11.3.06

Stop Force-Feeding Inmates, Doctors Tell US

Stop Force-Feeding Inmates, Doctors Tell US

especially since your feeding them laxatives...

The United States authorities are facing demands by doctors from around the world to abandon the barbaric method of force-feeding hunger strikers at Guantanamo Bay.

More than 250 medical experts are launching a protest today against the practice - which involves strapping inmates to "restraint chairs" and pushing tubes into the stomach through the nose. They say it breaches the right of prisoners to refuse treatment.

The United Nations has demanded the immediate closure of the US detention camp in Cuba after concluding that treatment such as force-feeding and prolonged solitary confinement could amount to torture.

Doctors from seven countries, including the best-selling author Oliver Sacks, call for disciplinary action against their US counterparts who force-feed detainees. About 80 prisoners are understood to be refusing food, including a UK resident, Shaker Aamer, a Saudi national who is married to a British woman and has four children.

Since August they have been routinely force-fed, an excruciatingly painful practice that causes bleeding and nausea. The doctors say: "Fundamental to doctors' responsibilities in attending a hunger striker is the recognition that prisoners have a right to refuse treatment.

"The UK Government has respected this right even under very difficult circumstances and allowed Irish hunger strikers to die. Physicians do not have to agree with the prisoner, but they must respect their informed decision." The World Medical Association has prohibited force-feeding and the American Medical Association backed the WMA's declaration.

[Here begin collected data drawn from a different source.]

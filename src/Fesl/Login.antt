-- ===== src/Fesl/Login.antt =====
-- server/fesl/server.go: `NuLogin`/`Login` and `NuAddAccount`.
pub mod Persona
use medge_net.Prelude.{not, [], ◌∷◌, ◌++◌, Option, none, some, Bytes, codes, equal, if◌then◌else◌}
use medge_net.Env.{Env}
use medge_net.Exec.{Error, account_exists, Run, pure, fail, catch, ◌>>=◌, ◌>>◌}
use medge_net.Packet.{Packet, encode}
use medge_net.Store.{Account}
use medge_net.Store.Accounts.{validate_account, create_account}
use medge_net.Store.Tokens.{account_by_login_token, issue_login_token}
use medge_net.Fesl.Session.{
  World, current, on_store, set_session, kv, kvs, field, error_code, random_hex,
}
use medge_net.Fesl.Validate.{is_accepted, validate_account_nuid, validate_account_password}
use medge_net.Text.{is_empty}
use medge_net.Text.Number.{format_int}

module _ (env : Env) where
  -- The session takes the account over; the persona of the session is left as it was.
  unfoldable pub login_response : Packet → Account → Bytes → Run World Bytes
  login_response pkt account encrypted_login_info = do
    lkey ← on_store (random_hex env 20)
    session ← current
    set_session (record session { account_id = account.id; nuid = account.nuid; lkey = lkey })
    let resp = kvs (
        codes "TXN"
        ∷ codes "NuLogin"
        ∷ codes "lkey"
        ∷ lkey
        ∷ codes "nuid"
        ∷ account.nuid
        ∷ codes "profileId"
        ∷ format_int account.id
        ∷ codes "userId"
        ∷ format_int account.id
        ∷ [])
    pure (
        encode (codes "acct") pkt.id (
          if not (is_empty encrypted_login_info)
          then resp ++ kv (codes "encryptedLoginInfo") encrypted_login_info ∷ []
          else resp))

  abbrev login_refused : Packet → Run World Bytes
  login_refused pkt =
      pure (encode (codes "acct") pkt.id (error_code (codes "NuLogin") (codes "122")))

  unfoldable pub by_token : Packet → Option Account → Run World Bytes
  by_token pkt none = login_refused pkt
  by_token pkt (some account) = login_response pkt account []

  unfoldable pub by_password : Packet → Option Account → Run World Bytes
  by_password pkt none = login_refused pkt
  by_password pkt (some account) =
      if equal (field pkt "returnEncryptedInfo") (codes "1")
      then (do
        token ← on_store (issue_login_token env account.id)
        login_response pkt account token)
      else login_response pkt account []

  unfoldable pub handle_nu_login : Packet → Run World Bytes
  unfolding by_token by_password
  handle_nu_login pkt =
      let token = field pkt "encryptedInfo" in
      if not (is_empty token)
      then (do found ← on_store (account_by_login_token env token); by_token pkt found)
      else (do
        found ← on_store (validate_account env (field pkt "nuid") (field pkt "password"))
        by_password pkt found)

  abbrev add_refused : Packet → Run World Bytes
  add_refused pkt =
      pure (encode (codes "acct") pkt.id (error_code (codes "NuAddAccount") (codes "122")))

  unfoldable pub added : Packet → Option Account → Run World Bytes
  added pkt none = add_refused pkt
  added pkt (some account) =
      pure (encode (codes "acct") pkt.id (kvs (codes "TXN" ∷ codes "NuAddAccount" ∷ [])))

  unfoldable pub add_failed : Packet → Error → Run World Bytes
  add_failed pkt account_exists = add_refused pkt
  add_failed pkt e = fail e

  unfoldable pub handle_nu_add_account : Packet → Run World Bytes
  unfolding added add_failed
  handle_nu_add_account pkt =
      let nuid = field pkt "nuid" in
      let password = field pkt "password" in
      if not (is_accepted (validate_account_nuid nuid env.cfg.max_identifier_length))
      then add_refused pkt
      else if not (is_accepted (validate_account_password password))
      then add_refused pkt
      else catch (on_store (create_account env nuid password)) (added pkt) (add_failed pkt)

The doctors' open letter, which is published today in The Lancet, has been organised by David Nicholl, a consultant neurologist at the City Hospital in Birmingham, who has the backing of doctors from Europe, the US and Australia.

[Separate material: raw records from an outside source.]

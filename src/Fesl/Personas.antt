-- ===== src/Fesl/Personas.antt =====
-- server/fesl/server.go: `NuGetPersonas`, `NuLoginPersona`, `NuAddPersona`, `NuLookupUserInfo`.
use medge_net.Prelude.{
  ℕ, zero, suc, ◌+◌, not, List, [], ◌∷◌, ◌++◌, Option, none, some, Bytes, codes, length,
  if◌then◌else◌,
}
use medge_net.Env.{Env}
use medge_net.Exec.{Error, persona_name_taken, Run, pure, fail, catch, ◌>>=◌, ◌>>◌}
use medge_net.Packet.{Kv, Packet, Params, params_map, param, encode}
use medge_net.Store.{Persona}
use medge_net.Store.Personas.{list_personas, get_or_create_persona, lookup_persona_by_name}
use medge_net.Fesl.Session.{
  World, current, on_store, set_session, kv, kvs, field, error_code, random_hex, atoi, times,
  is_zero, indexed,
}
use medge_net.Fesl.Validate.{is_accepted, validate_persona_name}
use medge_net.Text.Number.{format_int, format_nat}

-- `personas.0=…`, `personas.1=…`, … from index `i` on.
unfoldable pub persona_lines : ℕ → List Persona → List Kv
persona_lines i [] = []
persona_lines i (p ∷ ps) = kv (indexed (codes "personas.") i []) p.name ∷ persona_lines (i + 1) ps

module _ (env : Env) where
  unfoldable pub handle_nu_get_personas : Packet → Run World Bytes
  handle_nu_get_personas pkt = do
    session ← current
    if is_zero session.account_id
        then pure (
            encode (codes "acct") pkt.id
              (kvs (codes "TXN" ∷ codes "NuGetPersonas" ∷ codes "personas.[]" ∷ codes "0" ∷ [])))
        else (do
          personas ← on_store (list_personas env session.account_id)
          pure (
              encode (codes "acct") pkt.id (
                kvs (
                  codes "TXN"
                  ∷ codes "NuGetPersonas"
                  ∷ codes "personas.[]"
                  ∷ format_nat (length personas)
                  ∷ [])
                ++ persona_lines 0 personas)))

  abbrev persona_refused : Packet → Bytes → Run World Bytes
  persona_refused pkt txn = pure (encode (codes "acct") pkt.id (error_code txn (codes "122")))

  -- Only a name that belongs to another account is answered; other errors go on.
  unfoldable pub persona_failed : Packet → Bytes → Error → Run World Bytes
  persona_failed pkt txn persona_name_taken = persona_refused pkt txn
  persona_failed pkt txn e = fail e

  unfoldable pub persona_logged_in : Packet → Persona → Run World Bytes
  persona_logged_in pkt persona = do
    lkey ← on_store (random_hex env 20)
    session ← current
    set_session
        (record session { persona_id = persona.id; persona_name = persona.name; lkey = lkey })
    pure (
        encode (codes "acct") pkt.id (
          kvs (
            codes "TXN"
            ∷ codes "NuLoginPersona"
            ∷ codes "lkey"
            ∷ lkey
            ∷ codes "profileId"
            ∷ format_int persona.id
            ∷ codes "userId"
            ∷ format_int session.account_id
            ∷ [])))

  unfoldable pub handle_nu_login_persona : Packet → Run World Bytes
  unfolding persona_failed persona_logged_in
  handle_nu_login_persona pkt = do
    session ← current
    let name = field pkt "name"
    if is_zero session.account_id
        then pure (encode (codes "acct") pkt.id (kvs (codes "TXN" ∷ codes "NuLoginPersona" ∷ [])))
        else if not (is_accepted (validate_persona_name name env.cfg.max_identifier_length))
        then persona_refused pkt (codes "NuLoginPersona")
        else catch (on_store (get_or_create_persona env session.account_id name))
            (persona_logged_in pkt) (persona_failed pkt (codes "NuLoginPersona"))

  unfoldable pub persona_added : Packet → Run World Bytes
  persona_added pkt =
      pure (encode (codes "acct") pkt.id (kvs (codes "TXN" ∷ codes "NuAddPersona" ∷ [])))

  unfoldable pub handle_nu_add_persona : Packet → Run World Bytes
  unfolding persona_failed persona_added
  handle_nu_add_persona pkt = do
    session ← current
    let name = field pkt "name"
    if is_zero session.account_id
        then persona_added pkt
        else if not (is_accepted (validate_persona_name name env.cfg.max_identifier_length))
        then persona_refused pkt (codes "NuAddPersona")
        else catch (on_store (get_or_create_persona env session.account_id name))
            (λ _. persona_added pkt) (persona_failed pkt (codes "NuAddPersona"))

  -- The three lines of one looked-up name.
  unfoldable pub user_info : ℕ → Bytes → Option Persona → List Kv
  user_info i name found =
      let id : Bytes = elim found [ none ↦ codes "0" | some p ↦ format_int p.id ] in
      let shown : Bytes = elim found [ none ↦ name | some p ↦ p.name ] in
      kv (indexed (codes "userInfo.") i (codes ".userName")) shown
      ∷ kv (indexed (codes "userInfo.") i (codes ".namespace")) []
      ∷ kv (indexed (codes "userInfo.") i (codes ".userId")) id
      ∷ []

  -- The loop over the requested names: `left` of them from index `i` on.
  unfoldable pub lookup_names : Params → ℕ → ℕ → List Kv → Run World (List Kv)
  unfolding user_info
  lookup_names p zero i resp = pure resp
  lookup_names p (suc left) i resp = do
    let name = param p (indexed (codes "userInfo.") i (codes ".userName"))
    found ← on_store (lookup_persona_by_name env name)
    lookup_names p left (i + 1) (resp ++ user_info i name found)

  unfoldable pub handle_nu_lookup_user_info : Packet → Run World Bytes
  unfolding lookup_names
  handle_nu_lookup_user_info pkt = do
    let count = atoi (field pkt "userInfo.[]")
    resp ←
        lookup_names (params_map pkt.params) (times count) 0 (
          kvs
            (codes "TXN" ∷ codes "NuLookupUserInfo" ∷ codes "userInfo.[]" ∷ format_int count ∷ []))
    pure (encode (codes "acct") pkt.id resp)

He has campaigned for more than a year over the detainees' plight, running the London marathon last year in a Guantanamo-style orange jump suit and chains, and has urged Tony Blair to protest to the White House about the camp's conditions. He said: "This letter shows the strength of feeling amongst the world's leading medical experts. They are saying that force-feeding of hunger strikers by medical staff at Guantanamo is unequivocally wrong."

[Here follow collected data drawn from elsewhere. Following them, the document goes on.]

-- ===== src/Store/Rank.antt =====
-- Ranks: `RankedStats`, `HistoricalRankedStats`, `rankForValue`, and `TopN` below.
pub mod TopN
pub mod Best
pub mod Bound
pub mod Position
use medge_net.Prelude.{
  ℕ, zero, suc, Bool, true, false, not, ◌&&◌, ◌||◌, List, [], ◌∷◌, ◌++◌, Option, none, some, Bytes,
  length, leb, ◌==◌, equal, if◌then◌else◌,
}
use medge_net.Prelude.Int.{ℤ, pos, ◌==ℤ◌}
use medge_net.Env.{Env}
use medge_net.Exec.{Run, pure, gets, ◌>>=◌}
use medge_net.Float.{Float64, nought, is_above, less, order}
use medge_net.Int64.{add_int64, sub_int64}
use medge_net.Store.{StatRow, PlayerRow, RunRow, LinkRow, Store, stmt, find, select, is_some}
use medge_net.Store.Historical.{historical_owner_offset, is_historical_owner, is_run}
use medge_net.Store.Stats.{is_stat, linked_historical_time, best_persona_id_for_key}
use medge_net.Store.Stats.Scope.{
  period_date_clause, since, sql_less, sql_at_most, is_time_key, player_of, link_of, link_of_player,
}
use medge_net.Text.{Option_map}

pub record RankedStat : Type 0 where
  pub rank : ℕ
  pub value : Float64

abbrev pub unranked : RankedStat
unranked = record { rank = 0; value = nought }

-- A row of `candidates`.
pub record Time : Type 0 where
  pub owner_id : ℤ
  pub value : Float64
  pub time_only : Bool

-- ORDER BY value ASC, time_only ASC
unfoldable pub is_before : Time → Time → Bool
is_before a b =
    sql_less a.value b.value || (order a.value == order b.value && (not a.time_only && b.time_only))

abbrev pub cons_some {ℓ} : {A : Type ℓ} → Option A → List A → List A
cons_some none rest = rest
cons_some (some y) rest = y ∷ rest

module _ {ℓ κ} {A : Type ℓ} {B : Type κ} where
  -- The rows of a join: each row with what it is joined to, if anything.
  unfoldable pub collect : (A → Option B) → List A → List B
  collect f [] = []
  collect f (x ∷ xs) = cons_some (f x) (collect f xs)

module _ {ℓ} {A : Type ℓ} (time : A → Time) where
  -- A row against the best rows of each owner so far. Of rows that tie, SQL may keep any.
  unfoldable pub add_best : A → List A → List A
  add_best x [] = x ∷ []
  add_best x (y ∷ ys) =
      let rest = add_best x ys in
      if (time y).owner_id ==ℤ (time x).owner_id
      then (if is_before (time y) (time x) then y ∷ ys else x ∷ ys)
      else y ∷ rest

  -- ROW_NUMBER() OVER (PARTITION BY owner_id ORDER BY value ASC, time_only ASC) = 1
  unfoldable pub best : List A → List A
  unfolding add_best
  best [] = []
  best (x ∷ xs) = add_best x (best xs)

abbrev pub in_scope : Bytes → ℤ → Option Bytes → StatRow → Bool
in_scope key period_id cutoff r =
    equal r.key key && r.period_id ==ℤ period_id && is_above r.value && since cutoff r.updated_at

abbrev pub run_in_scope : Bytes → ℤ → Option Bytes → RunRow → Bool
run_in_scope key period_id cutoff r =
    equal r.key key && r.period_id ==ℤ period_id && is_above r.value && since cutoff r.updated_at

abbrev pub run_time : RunRow → ℤ → Time
run_time r owner_id = record { owner_id = owner_id; value = r.value; time_only = true }

abbrev pub live_time : StatRow → Time
live_time r = record { owner_id = r.persona_id; value = r.value; time_only = false }

abbrev pub linked_time : Store → RunRow → Option Time
linked_time s r = Option_map (λ (l : LinkRow). run_time r l.persona_id) (link_of s r)

abbrev pub historical_owner : PlayerRow → ℤ
historical_owner p = add_int64 p.id (pos historical_owner_offset)

-- A player without a link: LEFT JOIN ... WHERE l.source_key IS NULL.
abbrev pub if_unlinked : Store → Option PlayerRow → Option PlayerRow
if_unlinked s player = if is_some (link_of_player s player) then none else player

abbrev pub unlinked_time : Store → RunRow → Option Time
unlinked_time s r =
    Option_map (λ (p : PlayerRow). run_time r (historical_owner p)) (if_unlinked s (player_of s r))

-- The candidates, before the bound on the value.
unfoldable pub candidate_times : Store → Bytes → ℤ → Option Bytes → List Time
unfolding collect
candidate_times s key period_id cutoff =
    let runs = select (run_in_scope key period_id cutoff) s.historical_runs in
    collect (λ r. some (live_time r)) (select (in_scope key period_id cutoff) s.stats)
    ++ (collect (linked_time s) runs ++ collect (unlinked_time s) runs)

-- `int(math.Max(float64(rank), 1))`
abbrev pub at_least_one : ℕ → ℕ
at_least_one n = if n == 0 then 1 else n

unfoldable pub rank_of : Store → Bytes → ℤ → Option Bytes → Float64 → ℕ
unfolding candidate_times best
rank_of s key period_id cutoff value = length (
    best (λ t. t)
      (select (λ (t : Time). sql_at_most t.value value) (candidate_times s key period_id cutoff)))

-- A linked historical time counts where it is less than the persona's own.
unfoldable pub better_time : Option Float64 → Float64 → Option Float64
better_time own linked =
    let better : Bool = elim own [ none ↦ true | some value ↦ less linked value ] in
    if is_above linked && better then some linked else own

module _ (env : Env) where
  unfoldable pub rank_for_value : Bytes → ℤ → Float64 → Run Store ℕ
  unfolding rank_of
  rank_for_value key period_id value = do
    cutoff ← period_date_clause env period_id
    rank ← stmt env (gets (λ s. rank_of s key period_id cutoff value))
    pure (at_least_one rank)

  unfoldable pub ranked : Bytes → ℤ → Option Float64 → Run Store RankedStat
  ranked key period_id none = pure unranked
  ranked key period_id (some value) = do
    rank ← rank_for_value key period_id value
    pure (record { rank = rank; value = value })

  unfoldable pub ranked_stats : ℤ → Bytes → ℤ → Run Store RankedStat
  unfolding ranked better_time
  ranked_stats persona_id key period_id = do
    effective ← best_persona_id_for_key env persona_id key period_id
    cutoff ← period_date_clause env period_id
    own ← stmt env (
        gets
          (λ s. find (λ r. is_stat effective key period_id r && since cutoff r.updated_at) s.stats))
    let value = Option_map (λ (r : StatRow). r.value) own
    if is_time_key key
        then (do
          linked ← linked_historical_time env effective key period_id
          ranked key period_id (better_time value linked))
        else ranked key period_id value

  unfoldable pub historical_ranked_stats : ℤ → Bytes → ℤ → Run Store RankedStat
  unfolding ranked
  historical_ranked_stats owner_id key period_id =
      let player_id = sub_int64 owner_id (pos historical_owner_offset) in
      if not (is_historical_owner owner_id) then pure unranked else do
        cutoff ← period_date_clause env period_id
        run ← stmt env (
            gets (λ s.
              find (λ r. is_run player_id key period_id r && since cutoff r.updated_at)
                s.historical_runs))
        ranked key period_id (Option_map (λ (r : RunRow). r.value) run)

Kate Allen, the UK director of Amnesty International, said: "Reports of cruel force-feeding methods at Guantanamo are deeply troubling and only underline the need for independent medical examinations of the prisoners.

"The US should respect their human rights by putting an end to arbitrary detention and ensuring access to justice."

Andrew Mackinlay, a Labour member of the Commons Foreign Affairs Select Committee, said: "I hope the US authorities pay heed... Britain has direct experience of it from force-feeding suffragettes at the beginning of the last century and abandoned it."

About 550 prisoners of some 35 nationalities are being held, some for more than four years. Only 10 have been formally charged with a crime and none has been brought to trial.